With the pandemic continuing to challenge different economic sectors across the Middle East region, the latest edition of the PwC’s Middle East Economy Watch report points to signs of building momentum in the recovery despite a third COVID-19 wave this spring.
After 2020’s rapid recession, the region is recovering relatively well, the report released on Wednesday said.
‘The region witnessed another wave of COVID-19 this spring. Nevertheless, there were signs of solid economic recoveries underway during this period. Saudi Arabia is the first economy to release data showing a very strong rebound in non-oil GDP. Also, other indicators have shown a recovery in consumption across the region,’ the report said.
PwC forecasts for the region expect a return to pre-COVID levels of economic output around the middle of 2022 and some Gulf countries, such as Iraq and UAE, will not get there until 2023.

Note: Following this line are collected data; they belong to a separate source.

-- ===== src/Control/DownloadLaws.antt =====
-- A file that the control interface gets from a node: both nodes together.
use mathlib.Core.List.{append_cancel_left}
use crab_rs.Prelude.{
  ℕ, ◌≡◌, ◌≤◌, refl, sym, ap, subst, ◌∙◌, String, true, false, some, [], ◌∷◌, ◌++◌, append_assoc,
  length, Result, ok,
}
use crab_rs.Prelude.Io.{from, attempt}
use crab_rs.Prelude.Bytes.{Bytes}
use crab_rs.Errors.{CrabError, io}
use crab_rs.Message.{Method, MessageHeader, AckMessage, command, option_none, success}
use crab_rs.Transport.{Transport, Codec, RoundTrips, IsReliable}
use crab_rs.Stream.{max_payload_size, frame, write_message, read_ack}
use crab_rs.Stream.RoundTrip.{write_message-frame}
use crab_rs.Stream.Arrived.{read_ack-arrived}
use crab_rs.Stream.Keeps.{KeptByStream, write_message-Keeps, read_ack-Keeps}
use crab_rs.Tasks.{Sender, Receiver, Executor, run_executor, multi_stage_task}
use crab_rs.Tasks.Reports.{Reported}
use crab_rs.Command.Files.{FileSystem, Cancellation, FileMetadata}
use crab_rs.Command.Handlers.{or_cancelled, handle_read_file}
use crab_rs.Command.Remote.{AckEncodes}
use crab_rs.Command.Disk.{IsStore}
use crab_rs.Command.Download.{handle_read_file-sends}
use crab_rs.Command.Stages.{IsCaller, multi_stage_task-runs}
use crab_rs.Control.Nodes.{Pipes, download}

-- The pipe of a response: it has the bytes that were copied to it. The copy takes all that arrives
-- on the stream, and reports nothing; what goes over the stream leaves the pipe as it is.
pub record IsSink {W I : Type 0} {t : Transport W} (R : IsReliable t) (pipes : Pipes W)
    {tx : Sender W (Result CrabError I)} (r : Reported t tx) : Type 0 where
  pub piped : W → Bytes
  pub by_stream : (bytes : Bytes) → KeptByStream t (λ w. piped w ≡ bytes)
  pub copy_ok :
      (w : W)
      → (n : ℕ) × (w' : W) × (pipes.copy_from_stream w ≡ (ok n, w'))
        × (piped w' ≡ piped w ++ R.inbox w)
        × (r.reported w' ≡ r.reported w)
  pub shutdown_ok :
      (w : W)
      → (w' : W) × (pipes.shutdown_pipe w ≡ (ok tt, w'))
        × (piped w' ≡ piped w)
        × (r.reported w' ≡ r.reported w)

module _ {W : Type 0} ⦃t : Transport W⦄ ⦃ack : Codec AckMessage⦄ (pipes : Pipes W) where
  download-steps :
      (n : ℕ) (w w1 w2 w3 w4 : W)
      → write_message ack command option_none success w ≡ (ok tt, w1)
      → read_ack w1 ≡ (ok tt, w2)
      → pipes.copy_from_stream w2 ≡ (ok n, w3)
      → pipes.shutdown_pipe w3 ≡ (ok tt, w4)
      → run_executor (ok (download pipes)) w ≡ (ok tt, w4)
  unfolding run_executor download
  download-steps n w w1 w2 w3 w4 e1 e2 e3 e4 = rw e1 (rw e2 (rw e3 (rw e4 refl)))

  module _ (R : IsReliable t) {I : Type 0} {tx : Sender W (Result CrabError I)} (r : Reported t tx)
      (sink : IsSink R pipes r) (peer : Method) (ack_payload : Bytes)
      (acks : AckEncodes ack ack_payload) where
    -- The second stage of the task, when the rest of the node's answers has arrived.
    download-pipes :
        (data_bytes : Bytes) (w : W)
        → R.writable w ≡ true
        → R.inbox w ≡ frame peer option_none ack_payload ++ data_bytes
        → (w' : W) × (run_executor (ok (download pipes)) w ≡ (ok tt, w'))
          × (sink.piped w' ≡ sink.piped w ++ data_bytes)
          × (r.reported w' ≡ r.reported w)
    download-pipes data_bytes w x arrived =
        let kept = r.by_stream (r.reported w) in
        let still = sink.by_stream (sink.piped w) in
        let (w1, e1, i1, o1, x1) =
          write_message-frame R ack command option_none success ack_payload w acks.round.0 x in
        let k1 : r.reported w1 ≡ r.reported w =
          subst (λ p. r.reported p.1 ≡ r.reported w) e1
            ((write_message-Keeps kept ack command option_none success).at w refl) in
        let p1 : sink.piped w1 ≡ sink.piped w =
          subst (λ p. sink.piped p.1 ≡ sink.piped w) e1
            ((write_message-Keeps still ack command option_none success).at w refl) in
        let (w2, e2, i2, o2, x2) =
          read_ack-arrived R peer ack_payload data_bytes w1 acks.round acks.fits (i1 ∙ arrived) in
        let k2 : r.reported w2 ≡ r.reported w =
          subst (λ p. r.reported p.1 ≡ r.reported w) e2 ((read_ack-Keeps kept).at w1 k1) in
        let p2 : sink.piped w2 ≡ sink.piped w =
          subst (λ p. sink.piped p.1 ≡ sink.piped w) e2 ((read_ack-Keeps still).at w1 p1) in
        let (n, w3, e3, p3, k3) = sink.copy_ok w2 in
        let (w4, e4, p4, k4) = sink.shutdown_ok w3 in
        (
          w4,
          download-steps n w w1 w2 w3 w4 e1 e2 e3 e4,
          p4 ∙ p3 ∙ ap (λ b. sink.piped w2 ++ b) i2 ∙ ap (λ b. b ++ data_bytes) p2,
          k4 ∙ k3 ∙ k2,
        )

-- The client `W` and the node `S` that has the file, on the two sides of one stream.
module _ {S W : Type 0} ⦃server : Transport S⦄ ⦃client : Transport W⦄ ⦃ack : Codec AckMessage⦄
    (RS : IsReliable server) (RW : IsReliable client) {fs : FileSystem S} (store : IsStore RS fs)
    (cancel : Cancellation S)
    (lasts : (s : S)
      → or_cancelled cancel (attempt (from io fs.copy_to_stream)) s
        ≡ attempt (from io fs.copy_to_stream) s)
    (file_metadata : Codec FileMetadata) (h : MessageHeader) (unmarked : h.option ≡ option_none)
    (peer : Method) (ack_payload : Bytes) (acks : AckEncodes ack ack_payload) (pipes : Pipes W)
    {tx : Sender W (Result CrabError FileMetadata)} (r : Reported client tx)
    (sink : IsSink RW pipes r) (rx : Receiver W (Result CrabError (Executor W (Unit {0}))))
    (caller : (bytes : Bytes) → IsCaller RW r rx (download pipes) (λ w. sink.piped w ≡ bytes))
    {C : Type 0} (c : Codec C) (cmd : C) where
  -- What the node writes for a file of this data.
  abbrev answers : Bytes → Bytes → Bytes
  answers payload data_bytes =
      frame h.method option_none ack_payload
      ++ (frame h.method option_none payload
          ++ (frame h.method option_none ack_payload ++ data_bytes))

  sent_answers :
      (path : String) (data_bytes rest bytes : Bytes) (encoded : FileMetadata → Bytes) (s : S)
      → (store.view s).files path ≡ some data_bytes
      → (store.view s).dirs path ≡ false
      → ((m : FileMetadata)
          → m.filesize ≡ length data_bytes
          → file_metadata.encode m ≡ some (encoded m))
      → RS.writable s ≡ true
      → RS.inbox s ≡ frame peer option_none ack_payload ++ rest
      → RS.outbox (handle_read_file fs cancel file_metadata path h s).1 ≡ RS.outbox s ++ bytes
      → (m : FileMetadata) × (m.filesize ≡ length data_bytes)
        × (bytes ≡ answers (encoded m) data_bytes)
  sent_answers path data_bytes rest bytes encoded s there no_dir enc x asked added =
      let (s', m, run, size, _, out) =
        handle_read_file-sends RS store cancel lasts file_metadata h peer ack_payload acks path
          data_bytes rest encoded s there no_dir enc x asked in
      let f = frame h.method h.option ack_payload in
      let g = frame h.method h.option (encoded m) in
      let same : RS.outbox s ++ bytes ≡ RS.outbox s ++ (f ++ (g ++ (f ++ data_bytes))) =
        sym added
        ∙ ap (λ p. RS.outbox p.1) run
        ∙ out
        ∙ append_assoc ((RS.outbox s ++ f) ++ g) f data_bytes
        ∙ append_assoc (RS.outbox s ++ f) g (f ++ data_bytes)
        ∙ append_assoc (RS.outbox s) f (g ++ (f ++ data_bytes)) in
      (
        m,
        size,
        append_cancel_left (RS.outbox s) bytes (f ++ (g ++ (f ++ data_bytes))) same
            ∙ ap
                (λ o.
                  frame h.method o ack_payload
                  ++ (frame h.method o (encoded m) ++ (frame h.method o ack_payload ++ data_bytes)))
                unmarked,
      )

  -- If the node has a file at the path, whose metadata can be encoded and decoded, as the
  -- acknowledgement can, the copying is not cancelled, the client's acknowledgement arrives at the
  -- node, and what the node writes arrives at the client, whose caller waits for it, after the
  -- command was written, on streams that both can write, then the client's task succeeds: its caller
  -- is told the metadata, with the file's length, once, and the file's bytes go into the pipe of the
  -- response.
  pub download-delivers :
      (path : String) (data_bytes rest bytes : Bytes) (encoded : FileMetadata → Bytes) (s : S)
      (w w1 : W)
      → (store.view s).files path ≡ some data_bytes
      → (store.view s).dirs path ≡ false
      → ((m : FileMetadata)
          → m.filesize ≡ length data_bytes
          → RoundTrips file_metadata m (encoded m) × (length (encoded m) ≤ max_payload_size))
      → RS.writable s ≡ true
      → RS.inbox s ≡ frame peer option_none ack_payload ++ rest
      → RS.outbox (handle_read_file fs cancel file_metadata path h s).1 ≡ RS.outbox s ++ bytes
      → write_message c command option_none cmd w ≡ (ok tt, w1)
      → RW.inbox w1 ≡ bytes
      → RW.writable w1 ≡ true
      → let p = multi_stage_task c cmd file_metadata tx rx w in
        (m : FileMetadata) × (m.filesize ≡ length data_bytes)
        × (p.0 ≡ ok tt)
        × (r.reported p.1 ≡ r.reported w ++ ok m ∷ [])
        × (sink.piped p.1 ≡ sink.piped w ++ data_bytes)
  download-delivers path data_bytes rest bytes encoded s w w1 there no_dir rt x asked added sent
        arrived y =
      let (m, size, same) =
        sent_answers path data_bytes rest bytes encoded s there no_dir (λ m e. (rt m e).0.0) x asked
          added in
      let told = frame h.method option_none ack_payload ++ data_bytes in
      let (u, run, i, o, z, k, p) =
        multi_stage_task-runs c cmd file_metadata tx rx (download pipes) RW r
          (caller (sink.piped w)) (sink.by_stream (sink.piped w)) h.method ack_payload (encoded m)
          told m w w1 refl acks (rt m size).0 (rt m size).1 sent (arrived ∙ same) in
      let (w', ran, q, k') =
        download-pipes pipes RW r sink h.method ack_payload acks data_bytes u (z ∙ y) i in
      let whole = run ∙ ran in
      (
        m,
        size,
        ap (λ p. p.0) whole,
        ap (λ p. r.reported p.1) whole ∙ k' ∙ k,
        ap (λ p. sink.piped p.1) whole ∙ q ∙ ap (λ b. b ++ data_bytes) p,
      )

Some vulnerable sectors such as tourism and aviation suffered severely in the region due to the lockdown measures. Aside from tourism, GCC countries, particularly the UAE and Qatar, were significantly affected by the collapse in global aviation.
Richard Boxshall, partner and chief economist at PwC Middle East, said, “It’s been over a year since the start of the pandemic, and the ‘return to normal’ always seems to be just a few months away, but keeps receding. However, leading economic indicators now provide a good reason to think that the destination will soon be reached.”
He said, “Saudi Arabian residents are now shopping more frequently than in February 2020. Also, real estate prices in Dubai are seeing the most sustained increases since 2014 which is considered one of the benchmarks of regional confidence. And the purchasing managers indices, reflecting private sector activity, in the GCC have all signalled expansion this year.”
The PwC report said that the potential reforms to global corporate tax policy may present new challenges for the GCC.
‘While the GCC is still recovering from the pandemic contractions, the region might face other challenges in the future due reform in global corporate tax policy. This could have implications on the GCC countries, which have among the lowest corporate tax rates globally,’ PwC said.
Boxshall added, “The impact of new rules on the GCC will depend very much on the details agreed. If they remain limited to the largest multinationals, few changes may be needed. In fact, a limited policy could fit with efforts to boost non-oil revenue in the region.”